Closed amykglen closed 10 months ago
I suggest we look into this after we merge the issue-2114
branch into master
, in order to avoid merge conflicts. By "look into this", I suppose I mean at least as far as as assessing whether it would be easy to do. Priority level would, I presume, depend on the benefit (in terms of reduced chance of pickle file inconsistency) vs. expected time to implement. I'm not sure. I found that the logic in kp_info_cacher.py
was a bit tricky, but then again, the module is quite easy to test (I could even test it on my MBP).
This exception needs to be handled and turned into a TRAPI error message:
Traceback (most recent call last):
File "/mnt/data/python/Python-3.9.16/lib/python3.9/threading.py", line 980, in _bootstrap_inner
self.run()
File "/mnt/data/python/Python-3.9.16/lib/python3.9/threading.py", line 917, in run
self._target(*self._args, **self._kwargs)
File "/mnt/data/orangeboard/test/RTX/code/UI/OpenAPI/python-flask-server/openapi_server/../../../../ARAX/ARAXQuery/ARAX_query.py", line 203, in asynchronous_query
self.query(query, mode=mode, origin='API')
File "/mnt/data/orangeboard/test/RTX/code/UI/OpenAPI/python-flask-server/openapi_server/../../../../ARAX/ARAXQuery/ARAX_query.py", line 396, in query
result = self.execute_processing_plan(query, mode=mode)
File "/mnt/data/orangeboard/test/RTX/code/UI/OpenAPI/python-flask-server/openapi_server/../../../../ARAX/ARAXQuery/ARAX_query.py", line 668, in execute_processing_plan
from ARAX_expander import ARAXExpander
File "/mnt/data/orangeboard/test/RTX/code/UI/OpenAPI/python-flask-server/openapi_server/../../../../ARAX/ARAXQuery/ARAX_expander.py", line 31, in <module>
from Expand.trapi_querier import TRAPIQuerier
File "/mnt/data/orangeboard/test/RTX/code/UI/OpenAPI/python-flask-server/openapi_server/../../../../ARAX/ARAXQuery/Expand/trapi_querier.py", line 35, in <module>
class TRAPIQuerier:
File "/mnt/data/orangeboard/test/RTX/code/UI/OpenAPI/python-flask-server/openapi_server/../../../../ARAX/ARAXQuery/Expand/trapi_querier.py", line 38, in TRAPIQuerier
kp_selector: KPSelector = KPSelector(), force_local: bool = False):
File "/mnt/data/orangeboard/test/RTX/code/UI/OpenAPI/python-flask-server/openapi_server/../../../../ARAX/ARAXQuery/Expand/kp_selector.py", line 28, in __init__
self.meta_map, self.kp_urls, self.kps_excluded_by_version, self.kps_excluded_by_maturity = self._load_cached_kp_info()
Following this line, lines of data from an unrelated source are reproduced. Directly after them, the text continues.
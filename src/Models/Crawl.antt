-- ===== src/Models/Crawl.antt =====
-- lala-agent/src/models/db.rs: what the crawl queue and its log hold. An `i32` priority is held as
-- the number that is larger by 2 ^ 31, which keeps the order.
use lala_search.Prelude.{ℕ, Option, ◌≡◌, refl, if◌then◌else◌}
use lala_search.Prelude.Text.{Text, codes, text_eq}

pub record CrawlQueueEntry : Type 0 where
  pub queue_id : ℕ
  pub tenant_id : ℕ
  pub priority : ℕ
  pub scheduled_at : ℕ
  pub url : Text
  pub domain : Text
  pub last_attempt_at : Option ℕ
  pub attempt_count : ℕ
  pub created_at : ℕ

pub data CrawlErrorType : Type 0 where
  fetch_error storage_error database_error search_index_error : CrawlErrorType
  robots_disallowed invalid_url unknown : CrawlErrorType

-- `fmt::Display`
unfoldable pub to_string : CrawlErrorType → Text
to_string fetch_error = codes "fetch_error"
to_string storage_error = codes "storage_error"
to_string database_error = codes "database_error"
to_string search_index_error = codes "search_index_error"
to_string robots_disallowed = codes "robots_disallowed"
to_string invalid_url = codes "invalid_url"
to_string unknown = codes "unknown"

unfoldable pub parse : Text → CrawlErrorType
parse s =
    if text_eq s (codes "fetch_error")
    then fetch_error
    else if text_eq s (codes "storage_error")
    then storage_error
    else if text_eq s (codes "database_error")
    then database_error
    else if text_eq s (codes "search_index_error")
    then search_index_error
    else if text_eq s (codes "robots_disallowed")
    then robots_disallowed
    else if text_eq s (codes "invalid_url")
    then invalid_url
    else unknown

-- What is logged of a failure comes back from the log.
pub parse-to_string : (t : CrawlErrorType) → parse (to_string t) ≡ t
unfolding parse to_string text_eq
parse-to_string fetch_error = refl
parse-to_string storage_error = refl
parse-to_string database_error = refl
parse-to_string search_index_error = refl
parse-to_string robots_disallowed = refl
parse-to_string invalid_url = refl
parse-to_string unknown = refl

pub record CrawlError : Type 0 where
  pub error_id : ℕ
  pub tenant_id : ℕ
  pub page_id : Option ℕ
  pub domain : Text
  pub occurred_at : ℕ
  pub url : Text
  pub error_type : CrawlErrorType
  pub error_message : Text
  pub attempt_count : ℕ
  pub stack_trace : Option Text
File "/mnt/data/orangeboard/test/RTX/code/UI/OpenAPI/python-flask-server/openapi_server/../../../../ARAX/ARAXQuery/Expand/kp_selector.py", line 39, in _load_cached_kp_info
smart_api_info, meta_map = kp_cacher.load_kp_info_caches(self.log)
File "/mnt/data/orangeboard/test/RTX/code/ARAX/ARAXQuery/Expand/kp_info_cacher.py", line 152, in load_kp_info_caches
raise e
File "/mnt/data/orangeboard/test/RTX/code/ARAX/ARAXQuery/Expand/kp_info_cacher.py", line 146, in load_kp_info_caches
raise Exception("KP info cache(s) do not exist.")
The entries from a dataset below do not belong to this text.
-- ===== src/Interval/Order.antt =====
-- What the filter relies on in the order of the values of an attribute.
use Prim.Native.Nat.Ordering.{lt, eq, gt}
use minerule.Prelude.{◌≡◌, refl, Ordering, arith, Bool, true, [], ◌∷◌}
use minerule.Predicate.{Text, compare_text}
use minerule.Predicate.Pool.{eq_of_compare_text, lt_trans_text}
use minerule.SqlUtils.{SqlKind, numeric, string, binary, date_time, bit_kind}

abbrev pub swapped : Ordering → Ordering
swapped lt = gt
swapped eq = eq
swapped gt = lt

-- A total order on classes of texts.
pub record IsOrder (cmp : Text → Text → Ordering) : Type 0 where
  pub swap : (a b : Text) → cmp b a ≡ swapped (cmp a b)
  pub same : (a b c : Text) → cmp a b ≡ eq → cmp a c ≡ cmp b c
  pub trans : (a b c : Text) → cmp a b ≡ lt → cmp b c ≡ lt → cmp a c ≡ lt

compare_text-swap : (a b : Text) → compare_text b a ≡ swapped (compare_text a b)
unfolding compare_text
compare_text-swap [] [] = refl
compare_text-swap [] (y ∷ b) = refl
compare_text-swap (x ∷ a) [] = refl
compare_text-swap (x ∷ a) (y ∷ b) = ground (arith, compare_text-swap a b)

pub compare_text-IsOrder : IsOrder compare_text
compare_text-IsOrder = record {
  swap = compare_text-swap;
  same = λ a b c e. rw (eq_of_compare_text a b e) refl;
  trans = lt_trans_text;
}

-- The order on the values of a type, where `numeric_order` is that on numbers.
abbrev pub kind_order : (Text → Text → Ordering) → SqlKind → Text → Text → Ordering
kind_order numeric_order string = compare_text
kind_order numeric_order numeric = numeric_order
kind_order numeric_order binary = compare_text
kind_order numeric_order date_time = compare_text
kind_order numeric_order bit_kind = compare_text

-- The type has an order, and the value can be compared in it.
abbrev pub Comparable : (Text → Bool) → SqlKind → Text → Type 0
Comparable is_number string v = Unit {0}
Comparable is_number numeric v = is_number v ≡ true
Comparable is_number binary v = ⊥
Comparable is_number date_time v = ⊥
Comparable is_number bit_kind v = ⊥

pub kind_order-IsOrder :
    (numeric_order : Text → Text → Ordering) (t : SqlKind)
    → IsOrder numeric_order
    → IsOrder (kind_order numeric_order t)
kind_order-IsOrder numeric_order string h = compare_text-IsOrder
kind_order-IsOrder numeric_order numeric h = h
kind_order-IsOrder numeric_order binary h = compare_text-IsOrder
kind_order-IsOrder numeric_order date_time h = compare_text-IsOrder
kind_order-IsOrder numeric_order bit_kind h = compare_text-IsOrder
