module _ (cmp : Text → Text → Ordering) (ordered : IsOrder cmp) (x : Text) where
  above-both :
      (a b : Limit) (ao bo : Bool)
      → above cmp a ao x ≡ true
      → above cmp b bo x ≡ true
      → limit_order cmp a b ≡ eq
      → above cmp a (ao || bo) x ≡ true
  above-both neg_infty b ao bo h k e = refl
  above-both pos_infty b ao bo h k e = h
  above-both (value v) neg_infty ao bo h k e = absurd (ground arith)
  above-both (value v) pos_infty ao bo h k e = absurd (ground arith)
  above-both (value v) (value w) ao bo h k e = ground (arith, ordered.same v w x)

  below-both :
      (a b : Limit) (ao bo : Bool)
      → below cmp a ao x ≡ true
      → below cmp b bo x ≡ true
      → limit_order cmp a b ≡ eq
      → below cmp a (ao || bo) x ≡ true
  below-both neg_infty b ao bo h k e = h
  below-both pos_infty b ao bo h k e = refl
  below-both (value v) neg_infty ao bo h k e = absurd (ground arith)
  below-both (value v) pos_infty ao bo h k e = absurd (ground arith)
  below-both (value v) (value w) ao bo h k e =
      ground (arith, ordered.same v w x, ordered.swap v x, ordered.swap w x)

  between_values :
      (v w : Text) (ao bo : Bool)
      → above cmp (value v) ao x ≡ true
      → below cmp (value w) bo x ≡ true
      → (cmp v w ≡ lt) ⊎ ((cmp v w ≡ eq) × (ao ≡ false) × (bo ≡ false) × (cmp x v ≡ eq))
  between_values v w ao bo h k = ground (
    arith,
    ordered.trans v x w,
    ordered.same v x w,
    ordered.same x w v,
    ordered.swap v x,
    ordered.swap w v,
    ordered.swap x w,
    ordered.swap v w,
  )

  -- A value between two limits puts the lower one below the upper one, or both on itself.
  between :
      (a b : Limit) (ao bo : Bool)
      → above cmp a ao x ≡ true
      → below cmp b bo x ≡ true
      → (limit_order cmp a b ≡ lt)
        ⊎ ((limit_order cmp a b ≡ eq)
            × (ao ≡ false)
            × (bo ≡ false)
            × ((v : Text) × (a ≡ value v) × (cmp x v ≡ eq)))
  between neg_infty neg_infty ao bo h k = absurd (ground arith)
  between neg_infty pos_infty ao bo h k = inl refl
  between neg_infty (value w) ao bo h k = inl refl
  between pos_infty b ao bo h k = absurd (ground arith)
  between (value v) neg_infty ao bo h k = absurd (ground arith)
  between (value v) pos_infty ao bo h k = inl refl
  between (value v) (value w) ao bo h k = elim (between_values v w ao bo h k) [
    | inl less_than ↦ inl less_than
    | inr (same, closed, closed', on) ↦ inr (same, closed, closed', (v, refl, on))
  ]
Exception: KP info cache(s) do not exist.
Agreed that we can't allow a crash. that will terminate the BackgroundTasker. I don't think we can do a TRAPI error message, because I think this is part of the BackgroundTasker process rather than a query process.
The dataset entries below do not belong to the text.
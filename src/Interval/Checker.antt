-- ===== src/Interval/Checker.antt =====
-- The filter never drops a configuration that some values of the attributes produce.
use Prim.Native.Nat.Ordering.{lt, eq, gt}
use minerule.Prelude.{
  ℕ, ◌≡◌, refl, Ordering, arith, Bool, true, false, not, some, none, Option, List, [], ◌∷◌, ◌⊎◌,
  ◌∙◌, ap, sym, if◌then◌else◌, some_inj, inl, inr,
}
use mathlib.Core.Path.{subst}
use minerule.VarSet.{VarSet, get_var}
use minerule.Predicate.{Text, ParsedPred, Pool, compare_text, new_simple_predicate, get_var_id}
use minerule.Predicate.Pool.{eq_of_compare_text}
use minerule.SqlUtils.{SqlKind, is_attribute}
use minerule.Interval.{
  Operator, less, less_eq, grt, grt_eq, not_eq, Interval, of_operator, get_operator, intersect,
  get_value, get_attribute, update, interval_of, check_predicate, impossible_variable_setting,
  filter_out, Doubles, numeric_compare,
}
use minerule.Interval.Agreement.{Constant, AgreeOn, filter_out-agree}
use minerule.Interval.Order.{IsOrder, kind_order, kind_order-IsOrder, Comparable}
use minerule.Interval.Contents.{
  contains, satisfies, negated, get_operator-negated, satisfies-negated, contains-of_operator,
  Allows, Allows-contains, intersect-Allows, is_empty-Allows,
}

module _ (is_number : Text → Bool) (numeric_order : Text → Text → Ordering)
    (type_for_attribute : Text → Option SqlKind) (vset : VarSet) (pool : Pool)
    (env : Text → Text) where
  -- The predicate `attr op v` has, for the values `env` of the attributes, the truth value that the
  -- configuration gives it.
  pub record Agrees (p : ParsedPred) : Type 0 where
    pub kind : SqlKind
    pub typed : type_for_attribute p.val1 ≡ some kind
    pub id : ℕ
    pub truth : Bool
    pub in_pool : (new_simple_predicate p pool).1 ≡ pool
    pub found : get_var_id pool (new_simple_predicate p pool).0 ≡ some id
    pub reads : get_var vset id ≡ some truth
    pub operator : Operator
    pub known : get_operator p.op false ≡ some operator
    pub comparable : Comparable is_number kind p.val2
    pub same_truth : satisfies (kind_order numeric_order kind) operator (env p.val1) p.val2 ≡ truth

  -- A list whose members are of that form, or compare no attribute at all.
  abbrev pub AllAgree : List ParsedPred → Type 0
  AllAgree [] = Unit {0}
  AllAgree (p ∷ l) =
      (((is_attribute is_number p.val1 ≡ true) × (is_attribute is_number p.val2 ≡ false) × Agrees p)
        ⊎ ((is_attribute is_number p.val1 ≡ false) × (is_attribute is_number p.val2 ≡ false)))
      × AllAgree l

  -- Each interval so far contains the value of its attribute.
  abbrev Covers : List (Text × Interval) → Type 0
  Covers [] = Unit {0}
  Covers ((a, i) ∷ rest) =
      ((t : SqlKind) × (type_for_attribute a ≡ some t)
        × Allows is_number numeric_order type_for_attribute t (env a) i)
      × Covers rest

  retyped :
      (attr a : Text) (t t' : SqlKind) (i : Interval)
      → type_for_attribute a ≡ some t'
      → type_for_attribute attr ≡ some t
      → attr ≡ a
      → Allows is_number numeric_order type_for_attribute t' (env a) i
      → Allows is_number numeric_order type_for_attribute t (env attr) (record i { kind = some t })
  retyped attr a t t' i e' e q h =
      let same : t' ≡ t = some_inj (sym e' ∙ ap type_for_attribute (sym q) ∙ e) in
      let h' : Allows is_number numeric_order type_for_attribute t (env attr) i =
        subst (λ k. Allows is_number numeric_order type_for_attribute k (env attr) i) same
          (subst (λ b. Allows is_number numeric_order type_for_attribute t' (env b) i) (sym q) h) in
      record {
        kind = refl;
        lower = h'.lower;
        upper = h'.upper;
        over = h'.over;
        under = h'.under;
        points = h'.points;
      }

  interval_of-Allows :
      (attr : Text) (t : SqlKind) (intervals : List (Text × Interval))
      → type_for_attribute attr ≡ some t
      → Covers intervals
      → Allows is_number numeric_order type_for_attribute t
          (env attr)
          (record (interval_of is_number numeric_order type_for_attribute attr intervals) {
            kind = some t;
          })
  unfolding interval_of
  interval_of-Allows attr t [] e c = record {
    kind = refl;
    lower = tt;
    upper = tt;
    over = refl;
    under = refl;
    points = refl;
  }
  interval_of-Allows attr t ((a, i) ∷ rest) e ((t', e', h), c) =
      go (compare_text attr a) refl (interval_of-Allows attr t rest e c)
    where
      go :
          (o : Ordering)
          → compare_text attr a ≡ o
          → Allows is_number numeric_order type_for_attribute t
              (env attr)
              (record (interval_of is_number numeric_order type_for_attribute attr rest) {
                kind = some t;
              })
          → Allows is_number numeric_order type_for_attribute t
              (env attr)
              (record (elim o as (λ _. Interval) [
                | eq ↦ i
                | _ ↦ interval_of is_number numeric_order type_for_attribute attr rest
              ]) { kind = some t })
      go lt q later = later
      go gt q later = later
      go eq q later = retyped attr a t t' i e' e (eq_of_compare_text attr a q) h

  -- The operator that the code takes: negated if the predicate is false in the configuration.
  applied : Operator → Bool → Operator
  applied o truth = if truth then o else negated o

  get_operator-applied :
      (op : Text) (o : Operator) (truth : Bool)
      → get_operator op false ≡ some o
      → get_operator op (not truth) ≡ some (applied o truth)
  unfolding applied
  get_operator-applied op o true h = h
  get_operator-applied op o false h = get_operator-negated op o h

  satisfies-applied :
      (cmp : Text → Text → Ordering) (o : Operator) (x v : Text) (truth : Bool)
      → satisfies cmp o x v ≡ truth
      → satisfies cmp (applied o truth) x v ≡ true
  unfolding applied
  satisfies-applied cmp o x v true h = h
  satisfies-applied cmp o x v false h = satisfies-negated cmp o x v ∙ ap not h

  of_operator-Allows :
      (o : Operator) (v x : Text) (t : SqlKind)
      → IsOrder numeric_order
      → Comparable is_number t v
      → satisfies (kind_order numeric_order t) o x v ≡ true
      → Allows is_number numeric_order type_for_attribute t x (of_operator o v t)
  unfolding of_operator
  of_operator-Allows o v x t ordered h e =
      let c =
        contains-of_operator (kind_order numeric_order t) o v x t
          (kind_order-IsOrder numeric_order t ordered)
        ∙ e in
      by_operator o c
    where
      by_operator :
          (o : Operator)
          → contains (kind_order numeric_order t) (of_operator o v t) x ≡ true
          → Allows is_number numeric_order type_for_attribute t x (of_operator o v t)
      by_operator less c =
          Allows-contains is_number numeric_order type_for_attribute t x _ refl tt h c
      by_operator less_eq c =
          Allows-contains is_number numeric_order type_for_attribute t x _ refl tt h c
      by_operator grt c =
          Allows-contains is_number numeric_order type_for_attribute t x _ refl h tt c
      by_operator grt_eq c =
          Allows-contains is_number numeric_order type_for_attribute t x _ refl h tt c
      by_operator Operator.eq c =
          Allows-contains is_number numeric_order type_for_attribute t x _ refl h h c
      by_operator not_eq c =
          Allows-contains is_number numeric_order type_for_attribute t x _ refl tt tt c

  get_value-second :
      (v w : Text)
      → is_attribute is_number v ≡ true
      → is_attribute is_number w ≡ false
      → get_value is_number numeric_order type_for_attribute v w ≡ some w
  unfolding get_value
  get_value-second v w h k = ground arith

  get_attribute-first :
      (v w : Text)
      → is_attribute is_number v ≡ true
      → get_attribute is_number numeric_order type_for_attribute v w ≡ some v
  unfolding get_attribute
  get_attribute-first v w h = ground arith

  get_attribute-none :
      (v w : Text)
      → is_attribute is_number v ≡ false
      → is_attribute is_number w ≡ false
      → get_attribute is_number numeric_order type_for_attribute v w ≡ none
  unfolding get_attribute
  get_attribute-none v w h k = ground arith

  update-known :
      (p : ParsedPred) (negate_it : Bool) (i : Interval) (v : Text) (o : Operator) (t : SqlKind)
      → get_value is_number numeric_order type_for_attribute p.val1 p.val2 ≡ some v
      → get_operator p.op negate_it ≡ some o
      → i.kind ≡ some t
      → update is_number numeric_order type_for_attribute p negate_it i
        ≡ intersect is_number numeric_order type_for_attribute i (of_operator o v t)
  unfolding update
  update-known p negate_it i v o t e1 e2 e3 = ground arith

  impossible-step :
      (p : ParsedPred) (l : List ParsedPred) (intervals intervals1 : List (Text × Interval))
      → get_attribute is_number numeric_order type_for_attribute p.val1 p.val2 ≡ some p.val1
      → check_predicate is_number numeric_order type_for_attribute vset p.val1 p intervals pool
        ≡ some (false, intervals1, pool)
      → impossible_variable_setting is_number numeric_order type_for_attribute vset
          (p ∷ l)
          intervals
          pool
        ≡ impossible_variable_setting is_number numeric_order type_for_attribute vset l intervals1
            pool
  unfolding impossible_variable_setting
  impossible-step p l intervals intervals1 e1 e2 = rw (e1, impossible_variable_setting) (rw e2 refl)

  impossible-skip :
      (p : ParsedPred) (l : List ParsedPred) (intervals : List (Text × Interval))
      → get_attribute is_number numeric_order type_for_attribute p.val1 p.val2 ≡ none
      → impossible_variable_setting is_number numeric_order type_for_attribute vset
          (p ∷ l)
          intervals
          pool
        ≡ impossible_variable_setting is_number numeric_order type_for_attribute vset l intervals
            pool
  unfolding impossible_variable_setting
  impossible-skip p l intervals e1 = rw (e1, impossible_variable_setting) refl

  update-Allows :
      (p : ParsedPred) (i : Interval) (g : Agrees p)
      → is_attribute is_number p.val1 ≡ true
      → is_attribute is_number p.val2 ≡ false
      → IsOrder numeric_order
      → Allows is_number numeric_order type_for_attribute g.kind (env p.val1) i
      → (r : Interval) × (update is_number numeric_order type_for_attribute p (not g.truth) i
          ≡ some r)
        × Allows is_number numeric_order type_for_attribute g.kind (env p.val1) r
  update-Allows p i g here there ordered h =
      let o = applied g.operator g.truth in
      let j = of_operator o p.val2 g.kind in
      let (r, e, a) =
        intersect-Allows is_number numeric_order type_for_attribute g.kind
          (kind_order-IsOrder numeric_order g.kind ordered) (env p.val1) i j h
          (of_operator-Allows o p.val2 (env p.val1) g.kind ordered g.comparable (
            satisfies-applied (kind_order numeric_order g.kind) g.operator (env p.val1) p.val2
              g.truth g.same_truth)) in
      (
        r,
        update-known p (not g.truth) i p.val2 o g.kind (get_value-second p.val1 p.val2 here there)
              (get_operator-applied p.op g.operator g.truth g.known) h.kind
            ∙ e,
        a,
      )

  check_predicate-Covers :
      (p : ParsedPred) (intervals : List (Text × Interval))
      → is_attribute is_number p.val1 ≡ true
      → is_attribute is_number p.val2 ≡ false
      → IsOrder numeric_order
      → Agrees p
      → Covers intervals
      → (i : Interval) × (check_predicate is_number numeric_order type_for_attribute vset p.val1 p
            intervals pool
          ≡ some (false, (p.val1, i) ∷ intervals, pool))
        × Covers ((p.val1, i) ∷ intervals)
  unfolding check_predicate
  check_predicate-Covers p intervals here there ordered g c =
      let old = interval_of-Allows p.val1 g.kind intervals g.typed c in
      let (r, e, a) =
        update-Allows p
          (record (interval_of is_number numeric_order type_for_attribute p.val1 intervals) {
            kind = some g.kind;
          })
          g here there ordered old in
      let empty =
        is_empty-Allows is_number numeric_order type_for_attribute g.kind
          (kind_order-IsOrder numeric_order g.kind ordered) (env p.val1) r a in
      (r, rw (g.typed, g.in_pool, g.found, g.reads, e, empty) refl, ((g.kind, g.typed, a), c))

  impossible_variable_setting-Covers :
      (l : List ParsedPred) (intervals : List (Text × Interval))
      → IsOrder numeric_order
      → AllAgree l
      → Covers intervals
      → impossible_variable_setting is_number numeric_order type_for_attribute vset l intervals pool
        ≡ some (false, pool)
  unfolding impossible_variable_setting
  impossible_variable_setting-Covers [] intervals ordered h c = refl
  impossible_variable_setting-Covers (p ∷ l) intervals ordered (inl (here, there, g), h) c =
      let (i, e, c') = check_predicate-Covers p intervals here there ordered g c in
      impossible-step p l intervals ((p.val1, i) ∷ intervals)
        (get_attribute-first p.val1 p.val2 here) e
      ∙ impossible_variable_setting-Covers l ((p.val1, i) ∷ intervals) ordered h c'
  impossible_variable_setting-Covers (p ∷ l) intervals ordered (inr (here, there), h) c =
      impossible-skip p l intervals (get_attribute-none p.val1 p.val2 here there)
      ∙ impossible_variable_setting-Covers l intervals ordered h c

  filter_out-ordered :
      (l : List ParsedPred)
      → IsOrder numeric_order
      → AllAgree l
      → filter_out is_number numeric_order type_for_attribute l pool vset ≡ some false
  unfolding filter_out
  filter_out-ordered l ordered h = rw (impossible_variable_setting-Covers l [] ordered h tt) refl

-- Where the comparison of the code, which cuts the difference of two numbers to an int, agrees on
-- the numbers among the constants of the predicates with a total order of all values, the filter
-- answers false on a configuration that some values of the attributes produce in that order: each
-- predicate of the list compares an attribute on its left with a constant by a known operator, is
-- in the pool with the id of a variable of the configuration, and has for those values the truth
-- value of that variable, or it compares no attribute at all.
pub filter_out-possible :
    (is_number : Text → Bool) (doubles : Doubles) (type_for_attribute : Text → Option SqlKind)
    (numeric_order : Text → Text → Ordering) (vset : VarSet) (pool : Pool) (env : Text → Text)
    (l : List ParsedPred)
    → IsOrder numeric_order
    → AgreeOn (λ v. Constant v l) is_number (numeric_compare doubles) numeric_order
    → AllAgree is_number numeric_order type_for_attribute vset pool env l
    → filter_out is_number (numeric_compare doubles) type_for_attribute l pool vset ≡ some false
filter_out-possible is_number doubles type_for_attribute numeric_order vset pool env l ordered agree
      h =
    filter_out-agree (λ v. Constant v l) is_number (numeric_compare doubles) numeric_order
      type_for_attribute agree vset l pool (λ v k. k)
    ∙ filter_out-ordered is_number numeric_order type_for_attribute vset pool env l ordered h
I have been musing about trying to come up with a mechanism that can alert us by email or similar when things are not working correctly.
@sundareswarpullela based on testing, I think your code changes for this issue have the side effect that the Flask __main__.py
module needs to pass run_kp_info_cacher=True
to the ARAXBackgroundTasker
initializer, otherwise there is an error in Expand (even though I think the KP info cache is not actually used in the RTX-KG2 KP service, is it?). This is not ideal, but for the time being, I just passed =True
. Long-term, I think we should probably not be generating the KP info cache for KG2 services if we don't have to be.
Error when the RTX-KG2 KP service is handling a query, and the background tasker was started with run_kp_info_cacher=False
:
Exception in thread Thread-5:
Traceback (most recent call last):
File "/mnt/data/python/Python-3.9.16/lib/python3.9/threading.py", line 980, in _bootstrap_inner
self.run()
File "/mnt/data/python/Python-3.9.16/lib/python3.9/threading.py", line 917, in run
self._target(*self._args, **self._kwargs)
File "/mnt/data/orangeboard/kg2test/RTX/code/UI/OpenAPI/python-flask-server/KG2/openapi_server/../../../../../ARAX/ARAXQuery/ARAX_query.py", line 203, in asynchronous_query
self.query(query, mode=mode, origin='API')
File "/mnt/data/orangeboard/kg2test/RTX/code/UI/OpenAPI/python-flask-server/KG2/openapi_server/../../../../../ARAX/ARAXQuery/ARAX_query.py", line 396, in query
result = self.execute_processing_plan(query, mode=mode)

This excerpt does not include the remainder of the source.